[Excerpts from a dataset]
^^^^

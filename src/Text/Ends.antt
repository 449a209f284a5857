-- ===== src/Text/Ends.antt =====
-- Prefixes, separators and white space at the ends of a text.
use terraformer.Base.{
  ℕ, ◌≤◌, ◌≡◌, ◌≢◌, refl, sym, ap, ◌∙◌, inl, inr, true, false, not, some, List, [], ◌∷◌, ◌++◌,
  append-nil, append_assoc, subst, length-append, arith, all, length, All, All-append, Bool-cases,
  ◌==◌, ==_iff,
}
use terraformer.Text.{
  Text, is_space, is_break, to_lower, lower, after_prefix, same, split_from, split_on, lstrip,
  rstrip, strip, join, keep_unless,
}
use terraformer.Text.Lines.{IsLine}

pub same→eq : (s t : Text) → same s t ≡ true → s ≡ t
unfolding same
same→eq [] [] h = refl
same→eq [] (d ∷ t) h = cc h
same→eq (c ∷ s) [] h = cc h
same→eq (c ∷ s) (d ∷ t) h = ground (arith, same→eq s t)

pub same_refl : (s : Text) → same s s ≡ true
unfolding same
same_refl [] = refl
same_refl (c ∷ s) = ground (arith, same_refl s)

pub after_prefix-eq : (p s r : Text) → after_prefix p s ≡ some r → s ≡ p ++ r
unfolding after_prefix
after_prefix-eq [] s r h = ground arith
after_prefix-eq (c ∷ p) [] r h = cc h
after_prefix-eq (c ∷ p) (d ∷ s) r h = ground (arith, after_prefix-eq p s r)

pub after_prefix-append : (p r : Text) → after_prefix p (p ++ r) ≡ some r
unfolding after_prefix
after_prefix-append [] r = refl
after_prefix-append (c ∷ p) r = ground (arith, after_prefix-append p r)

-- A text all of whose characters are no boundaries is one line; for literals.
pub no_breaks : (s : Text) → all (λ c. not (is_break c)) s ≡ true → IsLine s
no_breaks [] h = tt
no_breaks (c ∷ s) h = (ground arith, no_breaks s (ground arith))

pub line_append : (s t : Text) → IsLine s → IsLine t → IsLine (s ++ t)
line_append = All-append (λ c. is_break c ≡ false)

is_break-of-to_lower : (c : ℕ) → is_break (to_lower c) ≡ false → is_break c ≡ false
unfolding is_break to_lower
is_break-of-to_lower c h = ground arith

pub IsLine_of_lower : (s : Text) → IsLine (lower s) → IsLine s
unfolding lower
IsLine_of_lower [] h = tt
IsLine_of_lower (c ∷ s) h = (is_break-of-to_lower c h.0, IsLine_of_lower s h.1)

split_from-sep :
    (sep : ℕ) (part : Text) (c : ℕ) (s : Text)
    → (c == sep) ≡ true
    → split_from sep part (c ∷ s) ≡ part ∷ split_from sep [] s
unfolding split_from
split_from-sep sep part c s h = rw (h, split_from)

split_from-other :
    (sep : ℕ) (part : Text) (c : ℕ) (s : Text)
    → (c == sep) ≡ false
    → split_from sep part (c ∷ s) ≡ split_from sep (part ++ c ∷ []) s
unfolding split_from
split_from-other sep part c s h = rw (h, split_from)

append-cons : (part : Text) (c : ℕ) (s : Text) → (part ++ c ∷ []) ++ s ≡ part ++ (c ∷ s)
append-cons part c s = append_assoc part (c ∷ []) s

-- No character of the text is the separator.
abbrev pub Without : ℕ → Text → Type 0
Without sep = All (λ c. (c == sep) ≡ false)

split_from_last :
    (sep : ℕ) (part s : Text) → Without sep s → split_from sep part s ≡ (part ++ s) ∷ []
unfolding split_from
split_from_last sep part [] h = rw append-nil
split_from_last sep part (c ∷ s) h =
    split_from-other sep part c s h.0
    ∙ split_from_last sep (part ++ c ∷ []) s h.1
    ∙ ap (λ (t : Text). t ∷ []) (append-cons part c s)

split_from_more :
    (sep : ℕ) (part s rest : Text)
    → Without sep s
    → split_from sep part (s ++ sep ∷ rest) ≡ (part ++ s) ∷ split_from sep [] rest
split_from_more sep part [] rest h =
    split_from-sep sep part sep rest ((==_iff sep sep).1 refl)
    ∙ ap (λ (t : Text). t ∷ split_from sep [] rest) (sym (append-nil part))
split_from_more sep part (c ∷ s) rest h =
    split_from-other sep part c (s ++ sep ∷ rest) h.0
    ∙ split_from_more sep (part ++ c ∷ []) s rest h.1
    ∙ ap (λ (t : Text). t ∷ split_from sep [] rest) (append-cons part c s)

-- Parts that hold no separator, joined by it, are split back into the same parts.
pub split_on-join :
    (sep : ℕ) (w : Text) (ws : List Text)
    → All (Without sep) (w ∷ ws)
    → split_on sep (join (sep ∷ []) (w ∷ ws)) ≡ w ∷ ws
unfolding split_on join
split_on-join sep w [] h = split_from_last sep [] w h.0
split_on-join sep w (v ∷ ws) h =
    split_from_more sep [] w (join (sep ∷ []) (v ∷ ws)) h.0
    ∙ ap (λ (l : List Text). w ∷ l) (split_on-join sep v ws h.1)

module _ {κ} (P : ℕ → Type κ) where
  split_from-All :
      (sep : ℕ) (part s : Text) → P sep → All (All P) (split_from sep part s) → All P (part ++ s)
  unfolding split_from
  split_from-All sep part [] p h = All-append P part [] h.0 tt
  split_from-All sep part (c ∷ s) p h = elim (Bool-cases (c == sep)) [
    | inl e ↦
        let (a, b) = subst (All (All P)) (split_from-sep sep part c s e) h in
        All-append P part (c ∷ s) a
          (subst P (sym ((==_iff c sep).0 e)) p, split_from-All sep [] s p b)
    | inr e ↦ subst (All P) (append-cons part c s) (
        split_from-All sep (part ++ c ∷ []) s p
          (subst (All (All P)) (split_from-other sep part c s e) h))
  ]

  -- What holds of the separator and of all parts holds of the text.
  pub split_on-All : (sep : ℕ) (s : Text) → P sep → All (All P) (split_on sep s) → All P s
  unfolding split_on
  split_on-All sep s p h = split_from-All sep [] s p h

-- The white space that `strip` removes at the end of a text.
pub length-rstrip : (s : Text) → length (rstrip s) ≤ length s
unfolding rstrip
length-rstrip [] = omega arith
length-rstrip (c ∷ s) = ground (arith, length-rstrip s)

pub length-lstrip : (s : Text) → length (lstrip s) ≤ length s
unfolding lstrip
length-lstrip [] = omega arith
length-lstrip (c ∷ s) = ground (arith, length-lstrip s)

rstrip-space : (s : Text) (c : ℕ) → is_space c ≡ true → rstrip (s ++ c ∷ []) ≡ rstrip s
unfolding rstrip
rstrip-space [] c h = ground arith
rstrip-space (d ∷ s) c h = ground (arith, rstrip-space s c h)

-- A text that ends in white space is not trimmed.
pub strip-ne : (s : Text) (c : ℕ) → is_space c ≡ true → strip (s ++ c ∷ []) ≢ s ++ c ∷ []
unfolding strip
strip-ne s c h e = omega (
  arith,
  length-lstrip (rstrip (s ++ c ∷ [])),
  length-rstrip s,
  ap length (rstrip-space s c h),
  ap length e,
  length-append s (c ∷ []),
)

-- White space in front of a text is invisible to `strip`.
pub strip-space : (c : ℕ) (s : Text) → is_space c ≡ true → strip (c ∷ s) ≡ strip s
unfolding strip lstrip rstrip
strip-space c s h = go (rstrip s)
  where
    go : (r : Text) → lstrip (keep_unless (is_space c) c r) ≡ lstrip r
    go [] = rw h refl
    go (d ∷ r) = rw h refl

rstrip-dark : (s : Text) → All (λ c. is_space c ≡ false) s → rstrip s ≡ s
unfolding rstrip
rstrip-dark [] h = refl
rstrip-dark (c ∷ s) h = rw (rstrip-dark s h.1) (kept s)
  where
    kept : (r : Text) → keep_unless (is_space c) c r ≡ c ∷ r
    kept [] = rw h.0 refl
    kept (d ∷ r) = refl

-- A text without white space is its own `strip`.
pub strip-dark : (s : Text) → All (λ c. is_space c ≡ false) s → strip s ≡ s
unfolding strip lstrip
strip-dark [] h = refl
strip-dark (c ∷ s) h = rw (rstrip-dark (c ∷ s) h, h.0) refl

^^^^

**YOUR ASSIGNMENT**:
All lines with the string "some" must be copied from the data.

**TASK RESULT**:
  ℕ, ◌≤◌, ◌≡◌, ◌≢◌, refl, sym, ap, ◌∙◌, inl, inr, true, false, not, some, List, [], ◌∷◌, ◌++◌,
pub after_prefix-eq : (p s r : Text) → after_prefix p s ≡ some r → s ≡ p ++ r
pub after_prefix-append : (p r : Text) → after_prefix p (p ++ r) ≡ some r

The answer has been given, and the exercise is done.